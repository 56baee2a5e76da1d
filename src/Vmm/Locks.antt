-- ===== src/Vmm/Locks.antt =====
-- vmm.c: the spin locks of the pools, taken by any number of threads. A step is one atomic access to
-- a flag. A thread holds one lock at a time, as in every function of vmm.c.
pub mod Exclusion
use lzmalloc.Base.{ℕ, ◌≡◌, Bool, true, false, ◌==◌, if◌then◌else◌, update}

-- `g_pool_locks` and `g_global_pool_lock`
pub record Locks : Type 0 where
  pub pool_locks : ℕ → Bool
  pub global_pool_lock : Bool

-- what the lock functions leave, and whether their loop ends: the flag was clear
unfoldable pub pool_lock : ℕ → Locks → Bool × Locks
pool_lock node_id l =
    if l.pool_locks node_id
    then (false, l)
    else (true, record l { pool_locks = update l.pool_locks node_id true })

unfoldable pub pool_unlock : ℕ → Locks → Locks
pool_unlock node_id l = record l { pool_locks = update l.pool_locks node_id false }

unfoldable pub global_pool_lock : Locks → Bool × Locks
global_pool_lock l =
    if l.global_pool_lock then (false, l) else (true, record l { global_pool_lock = true })

unfoldable pub global_pool_unlock : Locks → Locks
global_pool_unlock l = record l { global_pool_lock = false }

-- the flags that `lz_vmm_init` clears
abbrev pub clear_locks : Locks
clear_locks = record { pool_locks = λ node_id. false; global_pool_lock = false }

pub data Pc : Type 0 where
  outside : Pc
  at_pool : (node_id : ℕ) → Pc
  in_pool : (node_id : ℕ) → Pc
  at_global : Pc
  in_global : Pc

-- One step of a thread: an attempt to take the lock that it waits for, or the release of its own.
unfoldable pub advance : Locks → Pc → Locks × Pc
unfolding pool_lock pool_unlock global_pool_lock global_pool_unlock
advance l outside = (l, outside)
advance l (at_pool node_id) =
    let (taken, l') = pool_lock node_id l in
    (l', if taken then in_pool node_id else at_pool node_id)
advance l (in_pool node_id) = (pool_unlock node_id l, outside)
advance l at_global =
    let (taken, l') = global_pool_lock l in (l', if taken then in_global else at_global)
advance l in_global = (global_pool_unlock l, outside)

pub record System : Type 0 where
  pub locks : Locks
  pub pc : ℕ → Pc

abbrev pub advanced : ℕ → System → System
advanced i s = record {
  locks = (advance s.locks (s.pc i)).0;
  pc = update s.pc i (advance s.locks (s.pc i)).1;
}

pub data Step (i : ℕ) (s : System) : System → Type 0 where
  go : Step i s (advanced i s)
  want_pool :
      (node_id : ℕ)
      → s.pc i ≡ outside
      → Step i s (record s { pc = update s.pc i (at_pool node_id) })
  want_global : s.pc i ≡ outside → Step i s (record s { pc = update s.pc i at_global })

pub data Reach : System → Type 0 where
  start : Reach (record { locks = clear_locks; pc = λ i. outside })
  later : {i : ℕ} {s t : System} → Reach s → Step i s t → Reach t
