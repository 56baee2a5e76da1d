-- ===== src/Vmm/Locks/Exclusion.antt =====
-- A lock has one holder, and the holder can always give it to a thread that waits.
use lzmalloc.Base.{ℕ, ◌≡◌, ◌⊎◌, inl, inr, refl, arith, Bool, true, false, ◌==◌, update, Bool-cases}
use lzmalloc.Vmm.Locks.{
  Locks, pool_lock, pool_unlock, global_pool_lock, global_pool_unlock, Pc, outside, at_pool,
  in_pool, at_global, in_global, advance, System, advanced, go, want_pool, want_global, Reach,
  start, later,
}

-- a thread is in the section of the same lock as another
abbrev pub holds_pool : Pc → ℕ → Bool
holds_pool (in_pool node_id) n = node_id == n
holds_pool _ n = false

abbrev pub holds_global : Pc → Bool
holds_global in_global = true
holds_global _ = false

record Inv (l : Locks) (pc : ℕ → Pc) : Type 0 where
  pool_set : (i n : ℕ) → holds_pool (pc i) n ≡ true → l.pool_locks n ≡ true
  global_set : (i : ℕ) → holds_global (pc i) ≡ true → l.global_pool_lock ≡ true
  pool_one : (i j n : ℕ) → holds_pool (pc i) n ≡ true → holds_pool (pc j) n ≡ true → i ≡ j
  global_one : (i j : ℕ) → holds_global (pc i) ≡ true → holds_global (pc j) ≡ true → i ≡ j
  pool_held : (n : ℕ) → l.pool_locks n ≡ true → (i : ℕ) × (holds_pool (pc i) n ≡ true)
  global_held : l.global_pool_lock ≡ true → (i : ℕ) × (holds_global (pc i) ≡ true)

module _ {s : System} (inv : Inv s.locks s.pc) (i : ℕ) where
  open inv use {pool_set, global_set, pool_one, global_one, pool_held, global_held}

  go-Inv : Inv (advanced i s).locks (advanced i s).pc
  unfolding advance pool_lock pool_unlock global_pool_lock global_pool_unlock
  go-Inv = record {
    pool_set = λ j n h. ground (arith, pool_set j n, pool_set i n, pool_one i j n);
    global_set = λ j h. ground (arith, global_set j, global_set i, global_one i j);
    pool_one = λ j k n h h'. ground (arith, pool_one j k n, pool_set j n, pool_set k n);
    global_one = λ j k h h'. ground (arith, global_one j k, global_set j, global_set k);
    pool_held = λ n m. elim (Bool-cases (s.locks.pool_locks n)) [
      | inl e ↦ let (k, h) = pool_held n e in (k, ground (arith, m, e, h))
      | inr e ↦ (i, ground (arith, m, e))
    ];
    global_held = λ m. elim (Bool-cases s.locks.global_pool_lock) [
      | inl e ↦ let (k, h) = global_held e in (k, ground (arith, m, e, h))
      | inr e ↦ (i, ground (arith, m, e))
    ];
  }

  -- a thread comes to a lock
  want-Inv :
      (p : Pc)
      → s.pc i ≡ outside
      → ((n : ℕ) → holds_pool p n ≡ false)
      → holds_global p ≡ false
      → Inv s.locks (update s.pc i p)
  want-Inv p e no_pool no_global = record {
    pool_set = λ j n h. ground (arith, pool_set j n, no_pool n);
    global_set = λ j h. ground (arith, global_set j);
    pool_one = λ j k n h h'. ground (arith, pool_one j k n, no_pool n);
    global_one = λ j k h h'. ground (arith, global_one j k);
    pool_held = λ n m. let (k, h) = pool_held n m in (k, ground (arith, h, e));
    global_held = λ m. let (k, h) = global_held m in (k, ground (arith, h, e));
  }

Reach-Inv : {s : System} → Reach s → Inv s.locks s.pc
Reach-Inv start = record {
  pool_set = λ i n h. absurd (ground (arith, h));
  global_set = λ i h. absurd (ground (arith, h));
  pool_one = λ i j n h h'. absurd (ground (arith, h));
  global_one = λ i j h h'. absurd (ground (arith, h));
  pool_held = λ n m. absurd (ground (arith, m));
  global_held = λ m. absurd (ground (arith, m));
}
Reach-Inv (later {i} r go) = go-Inv (Reach-Inv r) i
Reach-Inv (later {i} r (want_pool n e)) = want-Inv (Reach-Inv r) i (at_pool n) e (λ m. refl) refl
Reach-Inv (later {i} r (want_global e)) = want-Inv (Reach-Inv r) i at_global e (λ m. refl) refl

module _ (s : System) (i : ℕ) where
  enters :
      (n : ℕ) → s.pc i ≡ at_pool n → s.locks.pool_locks n ≡ false → (advanced i s).pc i ≡ in_pool n
  unfolding advance pool_lock
  enters n e free = ground (arith, e, free)

  released : (n : ℕ) → s.pc i ≡ in_pool n → (advanced i s).locks.pool_locks n ≡ false
  unfolding advance pool_unlock
  released n e = ground (arith, e)

  still : (j n : ℕ) → s.pc i ≡ at_pool n → s.pc j ≡ in_pool n → (advanced j s).pc i ≡ at_pool n
  still j n e there = ground (arith, e, there)

-- the pool whose lock a thread holds, if it holds one
abbrev pool_of : Pc → ℕ
pool_of (in_pool node_id) = node_id
pool_of _ = 0

-- both are in a section under the same lock
abbrev pub shares_lock : Pc → Pc → Bool
shares_lock (in_pool node_id) q = holds_pool q node_id
shares_lock in_global q = holds_global q
shares_lock _ q = false

-- The sections of one pool exclude each other, and so do those of the global list: in a reachable
-- state two threads that are in sections under the same lock are one thread.
pub mutual_exclusion :
    {s : System} → Reach s → (i j : ℕ) → shares_lock (s.pc i) (s.pc j) ≡ true → i ≡ j
mutual_exclusion {s} r i j h =
    let inv = Reach-Inv r in
    ground (arith, h, inv.pool_one i j (pool_of (s.pc i)), inv.global_one i j)

-- The lock of a pool never blocks for good: in a reachable state in which a thread waits for the
-- lock, its next step takes it, or some thread holds the lock and two steps are enough, the holder's
-- next one, which leaves the section, and then the waiting thread's. Whether the waiting thread has
-- that turn, or another one takes the lock before it, is up to the scheduler.
pub waiter_can_enter :
    {s : System}
    → Reach s
    → (i n : ℕ) → s.pc i ≡ at_pool n
    → ((advanced i s).pc i ≡ in_pool n)
      ⊎ ((j : ℕ) × (s.pc j ≡ in_pool n) × ((advanced i (advanced j s)).pc i ≡ in_pool n))
waiter_can_enter {s} r i n e = elim (Bool-cases (s.locks.pool_locks n)) [
  | inr free ↦ inl (enters s i n e free)
  | inl taken ↦
      let (j, h) = (Reach-Inv r).pool_held n taken in
      let there : s.pc j ≡ in_pool n = ground (arith, h) in
      inr (j, there, enters (advanced j s) i n (still s i j n e there) (released s j n there))
]
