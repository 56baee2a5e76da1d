-- ===== src/Tests/Locks.antt =====
-- Thread 1 is in the section of pool 3, and thread 2 waits for it.
use lzmalloc.Base.{ℕ, ◌≡◌, ◌⊎◌, refl, update}
use lzmalloc.Vmm.Locks.{
  System, at_pool, in_pool, outside, clear_locks, advance, advanced, pool_lock, Reach, start, later,
  go, want_pool,
}
use lzmalloc.Vmm.Locks.Exclusion.{mutual_exclusion, waiter_can_enter}

record Traced : Type 0 where
  last : System
  reach : Reach last

abbrev waiting : System
waiting = record { locks = clear_locks; pc = update (λ i. outside) 1 (at_pool 3) }

abbrev crowded : Traced
unfolding advance pool_lock
crowded = record {
  last = record {
    locks = (advanced 1 waiting).locks;
    pc = update (advanced 1 waiting).pc 2 (at_pool 3);
  };
  reach =
      later {i = 2} (later {i = 1} (later {i = 1} start (want_pool 3 refl)) go) (want_pool 3 refl);
}

mutual_exclusion_example : ◌≡◌ {A = ℕ} 1 1
unfolding advance pool_lock
mutual_exclusion_example = mutual_exclusion crowded.reach 1 1 refl

waiter_can_enter_example :
    ((advanced 2 crowded.last).pc 2 ≡ in_pool 3)
    ⊎ ((j : ℕ) × (crowded.last.pc j ≡ in_pool 3)
        × ((advanced 2 (advanced j crowded.last)).pc 2 ≡ in_pool 3))
unfolding advance pool_lock
waiter_can_enter_example = waiter_can_enter crowded.reach 2 3 refl
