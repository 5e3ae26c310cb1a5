-- ===== src/Validator/Seen.antt =====
-- The duplicate check of validator.go and mining_job.go through any run of the validator's calls.
pub mod Cases
pub mod Once
use proxy_router.Prelude.{
  ℕ, ◌+◌, ◌<◌, ◌≡◌, ◌≢◌, ◌⊎◌, inl, inr, refl, sym, ap, ◌∙◌, subst, Bool, true, false, ◌&&◌, ◌||◌,
  String, List, [], ◌∷◌, Option, none, some, arith, if◌then◌else◌, ltb, ◌==◌, ◌=?◌, string_eq,
  Option-cases, Bool-cases, Eq,
}
use proxy_router.Prelude.Options.{◌>>=◌, Returns, Returns-bind}
use proxy_router.Prelude.Assoc.{Assoc, lookup, insert, delete, lookup-insert, lookup-delete}
use proxy_router.Floats.{Float64}
use proxy_router.Stratum.{MiningNotify, MiningSubmit, get_job_id}
use proxy_router.Containers.BoundStackMap.{BoundStackMap, push, get}
use proxy_router.Containers.BoundStackMap.Duplicates.{get-push}
use proxy_router.Validator.{
  MiningJob, Validator, ShareError, job_not_found, duplicate_share, ShareResult, share_of, same,
  is_among, is_expired, new_mining_job, check_duplicate_and_add_share, set_version_rolling_mask,
  expire_all, schedule_clean_jobs, add_new_job, put_job, check_diff, after_check, check_share,
  not_found, validate_and_add_share,
}

-- The calls that change a validator.
pub data Call (F : Type 0) : Type 0 where
  submits : ℕ → MiningSubmit → Call F
  adds : ℕ → MiningNotify → F → String → ℕ → Call F
  sets_mask : String → Call F
  cleans : ℕ → Call F

-- No call of the list adds a job under this ID.
abbrev pub Keeps : {F : Type 0} → String → List (Call F) → Type 0
Keeps id [] = Unit
Keeps id (adds _ msg _ _ _ ∷ calls) = (msg.job_id ≢ id) × Keeps id calls
Keeps id (_ ∷ calls) = Keeps id calls

same_refl : (b : List ℕ) → same b b ≡ true
same_refl [] = refl
same_refl (x ∷ b) = ground (arith, same_refl b)

module _ {F : Type 0} where
  -- The job is gone, or has the share.
  abbrev pub Knows : String → List ℕ → Validator F → Type 0
  Knows id b v =
      (get v.jobs id ≡ none)
      ⊎ ((job : MiningJob F) × (get v.jobs id ≡ some job) × (is_among b job.shares ≡ true))

  abbrev expired_at : ℕ → Option (MiningJob F) → Option (MiningJob F)
  expired_at t none = none
  expired_at t (some job) = some (record job { expiration_time = some t })

  pub lookup-expire_all :
      (t : ℕ) (id : String) (jobs : Assoc String (MiningJob F))
      → lookup id (expire_all t jobs) ≡ expired_at t (lookup id jobs)
  unfolding expire_all lookup
  lookup-expire_all t id [] = refl
  lookup-expire_all t id ((k, job) ∷ jobs) = ground (arith, lookup-expire_all t id jobs)

  pub get-put_job :
      (id j : String) (job : MiningJob F) (v : Validator F)
      → get (put_job id job v).jobs j ≡ (if id =? j then some job else get v.jobs j)
  unfolding get put_job
  get-put_job id j job v = lookup-insert id j job v.jobs.data_map

  -- The check of a share leaves it among the job's, and forgets no other.
  pub check_adds :
      (job : MiningJob F) (c : List ℕ)
      → is_among c (check_duplicate_and_add_share job c).1.shares ≡ true
  unfolding check_duplicate_and_add_share
  check_adds job c = ground (arith, same_refl c)

  pub check_keeps :
      (job : MiningJob F) (b c : List ℕ)
      → is_among b job.shares ≡ true
      → is_among b (check_duplicate_and_add_share job c).1.shares ≡ true
  unfolding check_duplicate_and_add_share
  check_keeps job b c h = ground (arith, h)

  pub check_again :
      (job : MiningJob F) (b : List ℕ)
      → is_among b job.shares ≡ true
      → check_duplicate_and_add_share job b ≡ (true, job)
  unfolding check_duplicate_and_add_share
  check_again job b h = ground (arith, h)

  pub schedule-Knows :
      (id : String) (b : List ℕ) (now : ℕ) (v : Validator F)
      → Knows id b v
      → Knows id b (schedule_clean_jobs now v)
  unfolding schedule_clean_jobs get
  schedule-Knows id b now v (inl e) =
      inl (lookup-expire_all (now + v.clean_job_timeout) id v.jobs.data_map ∙ ap (expired_at _) e)
  schedule-Knows id b now v (inr (job, e, m)) = inr (
    record job { expiration_time = some (now + v.clean_job_timeout) },
    lookup-expire_all (now + v.clean_job_timeout) id v.jobs.data_map ∙ ap (expired_at _) e,
    m,
  )

  pub add_new_job-Knows :
      (id : String) (b : List ℕ) (now : ℕ) (msg : MiningNotify) (d : F) (xn1 : String) (n : ℕ)
      (v w : Validator F)
      → msg.job_id ≢ id
      → Knows id b v
      → add_new_job now msg d xn1 n v ≡ some w
      → Knows id b w
  unfolding add_new_job
  add_new_job-Knows id b now msg d xn1 n v w ne k e =
      let v' = if msg.clean_jobs then schedule_clean_jobs now v else v in
      let k' : Knows id b v' = elim (Bool-cases msg.clean_jobs) [
        | inl c ↦ rw c (schedule-Knows id b now v k)
        | inr c ↦ rw c k
      ] in
      elim (Option-cases (push v'.jobs msg.job_id (new_mining_job msg d xn1 n))) [
        | inl p ↦ absurd (ground (arith, e, p))
        | inr (jobs, p) ↦
            keep v' jobs w k'
              (get-push v'.jobs jobs msg.job_id id (new_mining_job msg d xn1 n) ne p)
              (ground (arith, e, p))
      ]
    where
      keep :
          (v' : Validator F) (jobs : BoundStackMap (MiningJob F)) (w : Validator F)
          → Knows id b v'
          → (get jobs id ≡ none) ⊎ (get jobs id ≡ get v'.jobs id)
          → w.jobs ≡ jobs
          → Knows id b w
      keep v' jobs w k (inl g) q = inl (ap (λ x. get x id) q ∙ g)
      keep v' jobs w (inl n) (inr g) q = inl (ap (λ x. get x id) q ∙ g ∙ n)
      keep v' jobs w (inr (job, n, m)) (inr g) q = inr (job, ap (λ x. get x id) q ∙ g ∙ n, m)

» **Aim of the task**
Which lines in the listing above include the string "unfoldable"? Copy each of them.

» **Response to the task**
unfoldable pub pool_lock : ℕ → Locks → Bool × Locks
unfoldable pub pool_unlock : ℕ → Locks → Locks
unfoldable pub global_pool_lock : Locks → Bool × Locks
unfoldable pub global_pool_unlock : Locks → Locks
unfoldable pub advance : Locks → Pc → Locks × Pc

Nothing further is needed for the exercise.